蘇意安見賀母用憐愛的目光看向自己,心往下一沉,難道賀母也知道賀允淮做了對不起自己的事情?
難道只有她一人被瞞著?
“娘怎么過來了?”蘇意安強扯著笑半坐起來,往賀母那邊挪了挪。
她昨夜沒睡好,眼下還有些浮腫。
那模樣瞧著像哭過一樣,賀母更是篤定了自己心中猜想。
“娘好著呢,娘就是太想你了,這不一早就過來看看你。”
賀母將繡好的平安福塞進她的手心。
“這是娘給你繡的,保佑咱們安安平安順遂。”
原本還強忍著的蘇意安見到手中的平安福,瞬間落了淚。
“娘。”她撲到賀母懷中,小聲啜泣起來。
看在娘的份上,蘇意安決定不打斷賀允淮的腿了。
“安安不哭,娘在呢。”賀母見她這么悲傷,也跟著落了淚。
她可憐的安安,怎么就這么苦。
后面三日,蘇意安更是堅信了自己心中的猜想。
這個家肯定所有人都知道賀允淮做了對不起她的事,要不為何人人看自己的目光都帶著憐愛。

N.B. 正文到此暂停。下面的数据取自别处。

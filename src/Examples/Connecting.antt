-- ===== src/Examples/Connecting.antt =====
-- A handshake, and a session that falls silent.
use atem_esp_idf.Prelude.{◌≡◌, refl, true, false, some, [], ◌∷◌, arith, if◌then◌else◌}
use atem_esp_idf.Buffer.{Bytes}
use atem_esp_idf.Sequence
use atem_esp_idf.Packet
use atem_esp_idf.Atem.Object.{initial, initializing, connected, active, sent}
use atem_esp_idf.Atem.Getters.{is_active}
use atem_esp_idf.Atem.Connection.{free_files}
use atem_esp_idf.Atem.Task.{again, Input, Task, round, on_received, post_from, int_max}
use atem_esp_idf.Atem.Answer.{IsReply, reports}
use atem_esp_idf.Atem.Reset.{IsReset}
use atem_esp_idf.Atem.Silence.{Waits, run, silence-IsReset}
use atem_esp_idf.Atem.Handshake.{IsInitReply, IsComplete, accepted}
use atem_esp_idf.Atem.Handshake.Setup.{
  none_yet, loads, IsData, on_received-accepts, Loads-completes,
}
use atem_esp_idf.Examples.Packets.{world, session, zeros-length}
use atem_esp_idf.Sequence.{SequenceCheck}
use atem_esp_idf.Command
use atem_esp_idf.Packet.Iterator.{for_commands, walk, next}
use atem_esp_idf.Atem.Connection.{send_dropped, send_packet}
use atem_esp_idf.Atem.Task.{
  on_packet, on_init, on_init_complete, on_resend, on_ack_request, on_ack, on_payload, post_events,
  is_initializing, acknowledge,
}
use atem_esp_idf.Atem.Dispatch.{parse_packet, on_command, kind_of, handle}
use atem_esp_idf.Atem.Handlers.MixEffects.{on_prgi}
use atem_esp_idf.Examples.Tasks.{packet, task, quiet}

abbrev silent : Input
silent = record quiet { peeked = again }

no_files : free_files session.switcher.media_player_file session.switcher.heap ≡ some []
unfolding free_files
no_files = refl

silence-IsReset_example :
    (t5 t' : Task) × (run world (silent ∷ silent ∷ silent ∷ silent ∷ silent ∷ []) task ≡ some t5)
    × Waits 5 task t5
    × (round world silent t5 ≡ some t')
    × IsReset t'.atem
    × (t'.ack_count ≡ int_max)
silence-IsReset_example =
    silence-IsReset world zeros-length task (silent ∷ silent ∷ silent ∷ silent ∷ silent ∷ []) silent
      0 [] refl refl (omega arith) (omega arith) (refl, (refl, (refl, (refl, (refl, tt))))) refl
      refl refl no_files

-- The switcher accepts, with the session 1.
abbrev accepting : Bytes
accepting = 16 ∷ 20 ∷ 0 ∷ 1 ∷ 0 ∷ 0 ∷ 0 ∷ 0 ∷ 0 ∷ 0 ∷ 0 ∷ 0 ∷ 2 ∷ 0 ∷ 0 ∷ 0 ∷ 0 ∷ 0 ∷ 0 ∷ 0 ∷ []

accepting-IsInitReply : IsInitReply 1 accepting
unfolding Packet.get_flags Packet.get_length Packet.get_session_id
accepting-IsInitReply = record {
  flags_read = refl;
  length_read = refl;
  session_read = refl;
  status_read = refl;
  session_fits = omega arith;
}

abbrev asking : Task
asking = record {
  atem = record (initial 0x0B06) { state = connected };
  buffer = accepting;
  ack_count = 0;
  boot_events = 0;
}

asking_idle : is_active asking.atem.state ≡ false
unfolding is_active
asking_idle = refl

on_received-accepts_example :
    (p : Bytes) × IsReply 0x10 1 0 0 p
    × (on_received world quiet 20 asking ≡ some (accepted p asking))
on_received-accepts_example =
    on_received-accepts world zeros-length quiet asking 1 asking_idle accepting-IsInitReply

-- The end, with the id 1 and the session 0x8001.
abbrev ending : Bytes
ending = 8 ∷ 12 ∷ 128 ∷ 1 ∷ 0 ∷ 0 ∷ 0 ∷ 0 ∷ 0 ∷ 0 ∷ 0 ∷ 1 ∷ []

ending-IsComplete : IsComplete 0x8001 1 ending
unfolding Packet.get_flags Packet.get_length Packet.get_session_id Packet.get_id
ending-IsComplete = record {
  flags_read = refl;
  length_read = refl;
  session_read = refl;
  id_read = refl;
  session_fits = omega arith;
  id_fits = omega arith;
}

abbrev waiting : Task
waiting = record asking { atem = record asking.atem { state = initializing }; boot_events = 2 }

-- The packet 2 comes first: its event is kept, and the packet 1 is asked for.
abbrev loading : Task
loading = record waiting {
  atem = record waiting.atem {
    remote_id = 2;
    sequence = record { offset = 2; last_id = 2; received = 0xFFFFFFFD };
    log = sent (192 ∷ 12 ∷ 128 ∷ 1 ∷ 0 ∷ 2 ∷ 0 ∷ 1 ∷ 1 ∷ 0 ∷ 0 ∷ 0 ∷ []) ∷ [];
  };
  buffer = packet;
  boot_events = 1026;
}

loading_is :
    on_received world quiet 24 (record waiting { buffer = packet; ack_count = 0 }) ≡ some loading
unfolding on_received on_packet on_init on_init_complete on_resend on_ack_request on_ack on_payload
    post_events post_from is_initializing is_active acknowledge send_dropped send_packet
    Packet.create Packet.get_flags Packet.get_length Packet.get_session_id Packet.get_id
    Packet.get_ack_id Packet.set_id Packet.set_ack_id Packet.set_resend_id Packet.set_flags
    Packet.set_unknown Sequence.add Sequence.ahead Sequence.advance Sequence.mark
    Sequence.get_missing Sequence.scan parse_packet on_command kind_of handle on_prgi
    Command.get_cmd Command.get_data for_commands walk next Command.get_length
loading_is = refl

packet-IsData : IsData packet
unfolding Packet.get_flags Packet.get_length Packet.get_session_id
packet-IsData = record {
  flags = 1;
  own_length = 24;
  session = 0x8001;
  flags_read = refl;
  length_read = refl;
  session_read = refl;
  no_answer = refl;
  no_end = λ e. absurd (omega arith);
}

last_added :
    Sequence.add loading.atem.sequence 1
    ≡ some (true, record { offset = 2; last_id = 1; received = 0xFFFFFFFF })
unfolding Sequence.add Sequence.ahead Sequence.advance Sequence.mark
last_added = refl

abbrev full : SequenceCheck
full = record { offset = 2; last_id = 1; received = 0xFFFFFFFF }

Loads-completes_example :
    (t'' : Task) × (on_received world quiet 12 (record loading { buffer = ending; ack_count = 0 })
      ≡ some t'')
    × (t''.atem.state ≡ active)
    × (t''.atem.session_id ≡ 0x8001)
    × (t''.boot_events ≡ 1026)
    × ((p : Bytes) × IsReply
          (if reports full then 0x18 else 0x10)
          0x8001
          1
          (if reports full then Sequence.get_missing full else 0)
          p
        × (t''.atem.log ≡ sent p ∷ post_from 32 0 1026 1 loading.atem.log))
Loads-completes_example =
    Loads-completes world zeros-length waiting loading quiet ending 0x8001 1 true full refl
      (loads quiet 24 packet none_yet packet-IsData loading_is) ending-IsComplete last_added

像是在可憐一個脆弱的孩子,但又不敢出聲,生怕她下一秒就碎掉。
蘇意安越是享受著家人的關愛,心中越是難過。
她想著等明日看了榜,她就同賀允淮徹底說清楚。
翌日便是傳臚大典,也是金榜張貼的日子。
賀允淮站在床邊,將昨日就拿出來的進士服穿好。
若是以前蘇意安定要親自給他整理衣衫,可今日那人卻背對著他一動不動。
賀允淮總覺得這兩日她有些不對,可每次問起她卻又不說話。
“意安。”他探出手貼在了她的面頰。
“今日你陪我去嗎?”他問。
蘇意安其實早就醒了,本想裝睡躲過去,可現在被他這么直白的問,她若拒絕反而顯得她小氣。
她實在不明白,既然賀允淮做了對不起自己的事情,怎么還能每日這么坦然。
若不是那夜他喝多了酒說漏了嘴,是不是她會被一直瞞著。
蘇意安最后還是爬了起來,和莊月陽一起陪著他們去了宮門外。
賀凝文牽著賀昭昭,不解的問:“娘,為什么二哥那會讓咱們一起坐馬車過去你不同意,現在卻帶著我們走過去啊。”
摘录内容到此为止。